We present a case of an XLA family in which inflammatory bowel disease (IBD) was the presenting feature of the primary case, leading to a significant delay in diagnosis. A literature review did not reveal any publications regarding best practices for gastrointestinal manifestations such as IBD/enteritis in XLA patients. Therefore, we searched the United States Immunodeficiency Network (USIDNet) database for XLA patients with IBD/enteritis to improve our understanding of the natural history and management strategies, and present a descriptive analysis of 19 XLA patients with diagnoses of IBD/enteritis.

Case

The index case was a 23-month-old boy (Patient A) with a history of recurrent infections (including acute otitis media, conjunctivitis, Staphylococcus perianal cellulitis) since 7 months of age and a history of chronic diarrhea attributed to soy protein intolerance. Although closely followed by his pediatrician, the clinical history of infections had not been alarming and therefore no immune evaluation had been pursued prior to his visit with the Immunology service. A week before evaluation, he developed a febrile seizure and was admitted to an outside hospital. He was treated with intravenous ceftriaxone for a presumed infection and was found to have neutropenia. Because of the maternal grandfather’s history of hypogammaglobulinemia, the family requested quantitative immunoglobulin testing for the child, and he was found unexpectedly to have an undetectable immunoglobulin G (IgG) level. Therefore, he was referred to the Immunodeficiency Program at our institution for evaluation of absolute neutropenia and agammaglobulinemia. At the time of initial immune evaluation, the neutropenia appeared to be resolving with an absolute neutrophil count of 1170k/μL. His Ig levels were significant for an undetectable IgG, IgA, IgE and low IgM of 20mg/dL (Table 1). His lymphocyte panel was notable for a near absence of B cells (4 cells/mm3, < 1%), complete absence of switched memory B cells, and increased double negative T cells (3%), but otherwise preserved numbers of T and NK cell compartments with age-appropriate ratio of naive and memory T cells.
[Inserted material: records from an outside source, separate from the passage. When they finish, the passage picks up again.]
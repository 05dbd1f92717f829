-- ===== src/Agent/Conversation.antt =====
-- `run_session` of xiaoai-agent/src/main.rs, the conversation of a legacy turn: it listens, has the
-- speech recognised, asks the agent and speaks the answer, until it ends.
pub mod Exchanges
pub mod History
pub mod Silent
use xiaoai_agent.Prelude.{
  ℕ, ◌+◌, Bool, true, false, not, ◌&&◌, List, [], ◌∷◌, ◌++◌, Option, none, some, if◌then◌else◌,
}
use xiaoai_agent.Agent.Turns.{Attempt, AgentRuntime, AgentTurnResult, trim, run_turn, reset_session}

pub data Led : Type 0 where
  led_listening led_thinking led_speaking : Led

-- How `record_utterance` and its streaming variant return.
pub data Capture : Type 0 where
  captured capture_timeout capture_failed : Capture

pub data Effect : Type 0 where
  show_led shut_led : Led → Effect
  acknowledged closed_stream asr_error_prompt llm_error_prompt : Effect
  spoke : List ℕ → Effect

-- What the rest of the program answers in one round: whether the recognition starts and whether it
-- streams, the capture, the text that is recognised, the language model, and whether the loudspeaker
-- speaks.
pub record Round : Type 0 where
  pub stream : Option Bool
  pub capture : Capture
  pub transcript : Option (List ℕ)
  pub asks : List ℕ → ℕ → Attempt
  pub speaks : Bool

-- The runtime and what has been done, the last first.
pub record Conversation : Type 0 where
  pub agent : AgentRuntime
  pub is_first_turn : Bool
  pub effects : List Effect

pub data Next : Type 0 where
  listen_on ended failed : Next

abbrev pub note : Effect → Conversation → Conversation
note e s = record s { effects = e ∷ s.effects }

-- The session ends well, and the agent forgets it.
abbrev pub end_session : List ℕ → Conversation → Conversation × Next
end_session reason s = (record s { agent = reset_session reason s.agent }, ended)

abbrev pub idle_reason : List ℕ
idle_reason =
    115 ∷ 101 ∷ 115 ∷ 115 ∷ 105 ∷ 111 ∷ 110 ∷ 32 ∷ 105 ∷ 100 ∷ 108 ∷ 101 ∷ 32 ∷ 116 ∷ 105 ∷ 109
    ∷ 101 ∷ 111 ∷ 117 ∷ 116 ∷ []

abbrev pub empty_reason : List ℕ
empty_reason =
    101 ∷ 109 ∷ 112 ∷ 116 ∷ 121 ∷ 32 ∷ 65 ∷ 83 ∷ 82 ∷ 32 ∷ 114 ∷ 101 ∷ 115 ∷ 117 ∷ 108 ∷ 116 ∷ []

abbrev pub agent_reason : List ℕ
agent_reason =
    97 ∷ 103 ∷ 101 ∷ 110 ∷ 116 ∷ 32 ∷ 101 ∷ 110 ∷ 100 ∷ 101 ∷ 100 ∷ 32 ∷ 99 ∷ 111 ∷ 110 ∷ 118 ∷ 101
    ∷ 114 ∷ 115 ∷ 97 ∷ 116 ∷ 105 ∷ 111 ∷ 110 ∷ []

abbrev pub is_empty : List ℕ → Bool
is_empty [] = true
is_empty (c ∷ cs) = false

abbrev pub is_blank : List ℕ → Bool
is_blank text = is_empty (trim text)

-- `speak_service_error`
abbrev pub speak_service_error : Effect → Conversation → Conversation
speak_service_error prompt s =
    note prompt (note (show_led led_speaking) (note (shut_led led_thinking) s))

-- The answer of the agent.
unfoldable pub answer : Bool → AgentTurnResult → Conversation → Conversation × Next
answer speaks reply s =
    let t = note (shut_led led_thinking) s in
    let u = note (show_led led_speaking) t in
    let spoken = note (spoke reply.text) u in
    if is_blank reply.text
    then (t, listen_on)
    else if not speaks
    then (u, failed)
    else if reply.should_end
    then end_session agent_reason spoken
    else (spoken, listen_on)

-- The agent's reply, or its error.
abbrev pub reply_next : Bool → Conversation → Option AgentTurnResult → Conversation × Next
reply_next speaks s none = (speak_service_error llm_error_prompt s, failed)
reply_next speaks s (some reply) = answer speaks reply s

-- What was recognised goes to the agent.
unfoldable pub respond : Bool → ℕ → Round → List ℕ → Conversation → Conversation × Next
unfolding run_turn
respond is_hermes retries r transcript s =
    let command = trim transcript in
    let (agent, reply) = run_turn is_hermes retries r.asks command s.agent in
    let next = reply_next r.speaks (record s { agent = agent }) reply in
    if is_blank transcript then end_session empty_reason s else next

abbrev pub recognise : Bool → ℕ → Round → Conversation → Conversation × Next
recognise is_hermes retries r s =
    let t = note (show_led led_thinking) s in
    elim r.transcript [
      | none ↦ (speak_service_error asr_error_prompt t, failed)
      | some transcript ↦ respond is_hermes retries r transcript t
    ]

abbrev pub close_stream : Bool → Conversation → Conversation
close_stream streams s = if streams then note closed_stream s else s

abbrev pub capture_round : Bool → ℕ → Round → Bool → Conversation → Conversation × Next
capture_round is_hermes retries r streams s = elim r.capture [
  | captured ↦ recognise is_hermes retries r s
  | capture_timeout ↦ end_session idle_reason (close_stream streams s)
  | capture_failed ↦ (close_stream streams s, failed)
]

abbrev pub acknowledge : Bool → Conversation → Conversation
acknowledge acknowledges s =
    let t = record s { is_first_turn = false } in
    if s.is_first_turn && acknowledges then note acknowledged t else t

-- One round of the loop.
unfoldable pub round : Bool → ℕ → Bool → Round → Conversation → Conversation × Next
unfolding respond
round is_hermes retries acknowledges r s =
    let t = acknowledge acknowledges (note (show_led led_listening) s) in
    elim r.stream [
      | none ↦ (speak_service_error asr_error_prompt t, failed)
      | some streams ↦ capture_round is_hermes retries r streams t
    ]

-- The loop over the rounds that come.
unfoldable pub run_session : Bool → ℕ → Bool → List Round → Conversation → Conversation × Next
unfolding round
run_session is_hermes retries acknowledges [] s = (s, listen_on)
run_session is_hermes retries acknowledges (r ∷ rounds) s =
    let (t, next) = round is_hermes retries acknowledges r s in
    let on = run_session is_hermes retries acknowledges rounds t in
    elim next [ listen_on ↦ on | ended ↦ (t, ended) | failed ↦ (t, failed) ]

abbrev pub start : AgentRuntime → Conversation
start agent = record { agent = agent; is_first_turn = true; effects = [] }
BTK gene sequencing revealed a missense mutation c.41C>A, p.Ser14Tyr, suggesting a diagnosis of XLA. Two patients with a mild phenotype of XLA were reported to have the same mutation in a cohort study [3].

Table 1.

Laboratory Characteristics of XLA Family

Laboratory Test Patient A Patient B
Immunoglobulins (mg/dL)
IgG Undetectable (normal age-adjusted range: 313–1,170 mg/dL) 788 (on IVIG) (normal range: 767–1,590 mg/dL)
IgA Undetectable (normal age-adjusted range: 36–79 mg/dL) Undetectable (normal range: 61–356 mg/dL)
IgM 20 (normal age-adjusted range: 46–152 mg/dL) 6 (normal range: 37–286 mg/dL)
IgE Undetectable (normal age-adjusted range: < or =97kU/L) 5 (normal range: < or =214kU/L)
Flow cytometry (cells/mm3, percent)
CD19+ (total B cells) 4, <1% (normal range: 2–76%) <1, <1% (normal range: 6–25%)
CD19+ CD27+ IgMIgD(switched memory B cells) 1, <1% (normal range: 1.5–4.1%) <1, <0.01% (normal range: 9.2–18.9%)
CD4+CD3 T cells 2049, 46% (normal range: 28–47%) 426, 32% (normal range: 31–60%)
CD16+56+ NK cells 671, 15% (normal range:3–30%) 223, 17% (normal range: 2–27%)
Gene analysis Btk mutation missense 41C>A, pSer14Tyr

Laboratory evaluation was notable for undetectable IgG, IgA, IgE, low IgM, extremely low B cell counts, and absence of switched memory B cells.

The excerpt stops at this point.